== Segment start ==

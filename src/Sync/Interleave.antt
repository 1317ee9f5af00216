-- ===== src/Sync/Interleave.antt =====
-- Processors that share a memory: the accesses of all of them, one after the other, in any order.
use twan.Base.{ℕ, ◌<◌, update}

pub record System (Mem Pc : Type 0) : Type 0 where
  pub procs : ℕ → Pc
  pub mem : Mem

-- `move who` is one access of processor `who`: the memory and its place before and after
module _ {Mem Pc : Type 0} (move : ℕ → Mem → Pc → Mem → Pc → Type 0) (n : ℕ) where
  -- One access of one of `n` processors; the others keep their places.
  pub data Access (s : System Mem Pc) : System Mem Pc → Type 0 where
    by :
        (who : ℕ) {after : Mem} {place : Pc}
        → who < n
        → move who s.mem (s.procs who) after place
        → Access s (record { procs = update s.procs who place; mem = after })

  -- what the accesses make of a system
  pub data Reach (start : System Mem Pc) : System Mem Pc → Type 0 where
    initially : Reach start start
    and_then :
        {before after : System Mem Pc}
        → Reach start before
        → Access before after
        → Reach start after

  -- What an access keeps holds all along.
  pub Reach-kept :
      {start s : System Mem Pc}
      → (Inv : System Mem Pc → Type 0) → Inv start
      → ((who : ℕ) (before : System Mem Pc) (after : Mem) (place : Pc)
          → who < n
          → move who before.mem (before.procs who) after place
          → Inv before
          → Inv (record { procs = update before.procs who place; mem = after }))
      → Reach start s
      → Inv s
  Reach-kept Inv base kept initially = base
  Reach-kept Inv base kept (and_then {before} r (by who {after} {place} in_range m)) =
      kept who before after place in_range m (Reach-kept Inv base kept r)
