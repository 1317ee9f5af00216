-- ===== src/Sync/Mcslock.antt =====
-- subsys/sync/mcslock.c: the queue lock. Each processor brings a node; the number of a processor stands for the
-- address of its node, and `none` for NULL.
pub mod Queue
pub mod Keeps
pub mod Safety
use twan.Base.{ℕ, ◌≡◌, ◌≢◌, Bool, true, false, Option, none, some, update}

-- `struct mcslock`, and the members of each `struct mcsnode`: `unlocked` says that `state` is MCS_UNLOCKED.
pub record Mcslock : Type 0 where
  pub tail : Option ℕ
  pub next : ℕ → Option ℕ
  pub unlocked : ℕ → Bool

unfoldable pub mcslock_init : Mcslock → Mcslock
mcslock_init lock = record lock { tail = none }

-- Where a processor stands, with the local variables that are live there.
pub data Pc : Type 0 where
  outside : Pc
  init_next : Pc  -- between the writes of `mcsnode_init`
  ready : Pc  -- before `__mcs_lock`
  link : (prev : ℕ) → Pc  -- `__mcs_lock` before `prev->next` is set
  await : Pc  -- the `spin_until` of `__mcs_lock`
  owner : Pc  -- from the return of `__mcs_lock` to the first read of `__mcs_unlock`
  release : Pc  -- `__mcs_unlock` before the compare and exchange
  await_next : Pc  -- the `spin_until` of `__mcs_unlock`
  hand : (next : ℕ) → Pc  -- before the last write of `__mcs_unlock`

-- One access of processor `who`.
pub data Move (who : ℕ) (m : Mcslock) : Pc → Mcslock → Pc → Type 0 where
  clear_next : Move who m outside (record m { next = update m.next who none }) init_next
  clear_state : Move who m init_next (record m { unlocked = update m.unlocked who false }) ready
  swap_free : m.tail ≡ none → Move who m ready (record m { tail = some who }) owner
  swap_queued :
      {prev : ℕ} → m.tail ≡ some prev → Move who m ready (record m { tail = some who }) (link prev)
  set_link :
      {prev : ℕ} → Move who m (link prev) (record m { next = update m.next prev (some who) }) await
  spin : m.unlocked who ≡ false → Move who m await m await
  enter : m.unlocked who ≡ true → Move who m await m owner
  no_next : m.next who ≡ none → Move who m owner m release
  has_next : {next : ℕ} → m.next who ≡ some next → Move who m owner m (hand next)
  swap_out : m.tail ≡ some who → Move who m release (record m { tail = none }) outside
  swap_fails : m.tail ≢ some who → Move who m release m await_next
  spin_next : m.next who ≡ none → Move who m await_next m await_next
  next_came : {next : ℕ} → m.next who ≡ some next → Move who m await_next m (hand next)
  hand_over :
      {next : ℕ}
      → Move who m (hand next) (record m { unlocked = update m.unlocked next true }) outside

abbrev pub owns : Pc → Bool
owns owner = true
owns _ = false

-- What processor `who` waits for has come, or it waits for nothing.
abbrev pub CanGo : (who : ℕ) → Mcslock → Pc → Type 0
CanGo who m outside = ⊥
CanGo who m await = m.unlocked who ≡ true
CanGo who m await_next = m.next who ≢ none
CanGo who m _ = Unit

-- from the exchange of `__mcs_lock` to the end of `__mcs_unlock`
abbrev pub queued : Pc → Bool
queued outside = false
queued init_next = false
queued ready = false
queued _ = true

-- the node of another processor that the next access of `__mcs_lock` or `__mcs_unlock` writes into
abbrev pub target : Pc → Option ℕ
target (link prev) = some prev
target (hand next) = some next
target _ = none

== Segment end ==
== Segment start ==

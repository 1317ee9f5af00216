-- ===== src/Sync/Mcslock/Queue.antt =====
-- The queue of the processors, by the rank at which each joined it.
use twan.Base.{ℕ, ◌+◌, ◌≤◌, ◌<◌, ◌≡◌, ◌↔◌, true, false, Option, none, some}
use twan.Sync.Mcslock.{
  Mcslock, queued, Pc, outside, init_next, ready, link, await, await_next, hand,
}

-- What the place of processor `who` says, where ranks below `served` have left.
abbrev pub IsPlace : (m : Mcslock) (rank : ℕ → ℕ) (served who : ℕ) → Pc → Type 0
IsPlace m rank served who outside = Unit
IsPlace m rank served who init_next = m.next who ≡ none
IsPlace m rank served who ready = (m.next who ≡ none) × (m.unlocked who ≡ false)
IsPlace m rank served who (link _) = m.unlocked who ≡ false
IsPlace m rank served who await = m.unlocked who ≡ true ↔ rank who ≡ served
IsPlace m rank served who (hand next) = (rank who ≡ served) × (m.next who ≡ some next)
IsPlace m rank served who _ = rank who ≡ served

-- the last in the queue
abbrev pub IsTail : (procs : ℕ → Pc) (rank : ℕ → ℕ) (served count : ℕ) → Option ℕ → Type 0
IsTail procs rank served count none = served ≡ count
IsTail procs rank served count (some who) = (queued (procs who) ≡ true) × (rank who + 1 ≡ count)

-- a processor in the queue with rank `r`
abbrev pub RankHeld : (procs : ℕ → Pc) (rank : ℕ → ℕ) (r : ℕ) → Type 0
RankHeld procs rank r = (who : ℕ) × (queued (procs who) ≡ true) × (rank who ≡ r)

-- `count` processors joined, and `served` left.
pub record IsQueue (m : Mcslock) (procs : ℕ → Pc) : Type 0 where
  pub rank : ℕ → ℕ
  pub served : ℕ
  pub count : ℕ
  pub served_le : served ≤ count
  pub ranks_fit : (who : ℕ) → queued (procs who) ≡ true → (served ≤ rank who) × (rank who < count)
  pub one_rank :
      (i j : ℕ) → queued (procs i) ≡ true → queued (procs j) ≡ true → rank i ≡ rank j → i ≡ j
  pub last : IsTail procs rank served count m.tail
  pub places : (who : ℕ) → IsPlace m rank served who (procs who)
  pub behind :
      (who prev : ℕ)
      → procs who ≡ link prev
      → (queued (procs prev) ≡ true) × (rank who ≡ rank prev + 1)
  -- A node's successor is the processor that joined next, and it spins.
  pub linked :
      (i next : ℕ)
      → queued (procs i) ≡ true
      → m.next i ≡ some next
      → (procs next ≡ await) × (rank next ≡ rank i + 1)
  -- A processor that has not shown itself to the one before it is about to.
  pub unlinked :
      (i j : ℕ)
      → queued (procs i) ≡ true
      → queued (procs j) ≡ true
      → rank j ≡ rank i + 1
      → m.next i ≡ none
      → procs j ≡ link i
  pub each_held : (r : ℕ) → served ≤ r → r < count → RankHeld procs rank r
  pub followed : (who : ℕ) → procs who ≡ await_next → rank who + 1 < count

== Segment end ==

Lines above that have "Bool": copy each of them.

WRITTEN ANSWER
use twan.Base.{ℕ, ◌≡◌, ◌≢◌, Bool, true, false, Option, none, some, update}
  pub unlocked : ℕ → Bool
abbrev pub owns : Pc → Bool
abbrev pub queued : Pc → Bool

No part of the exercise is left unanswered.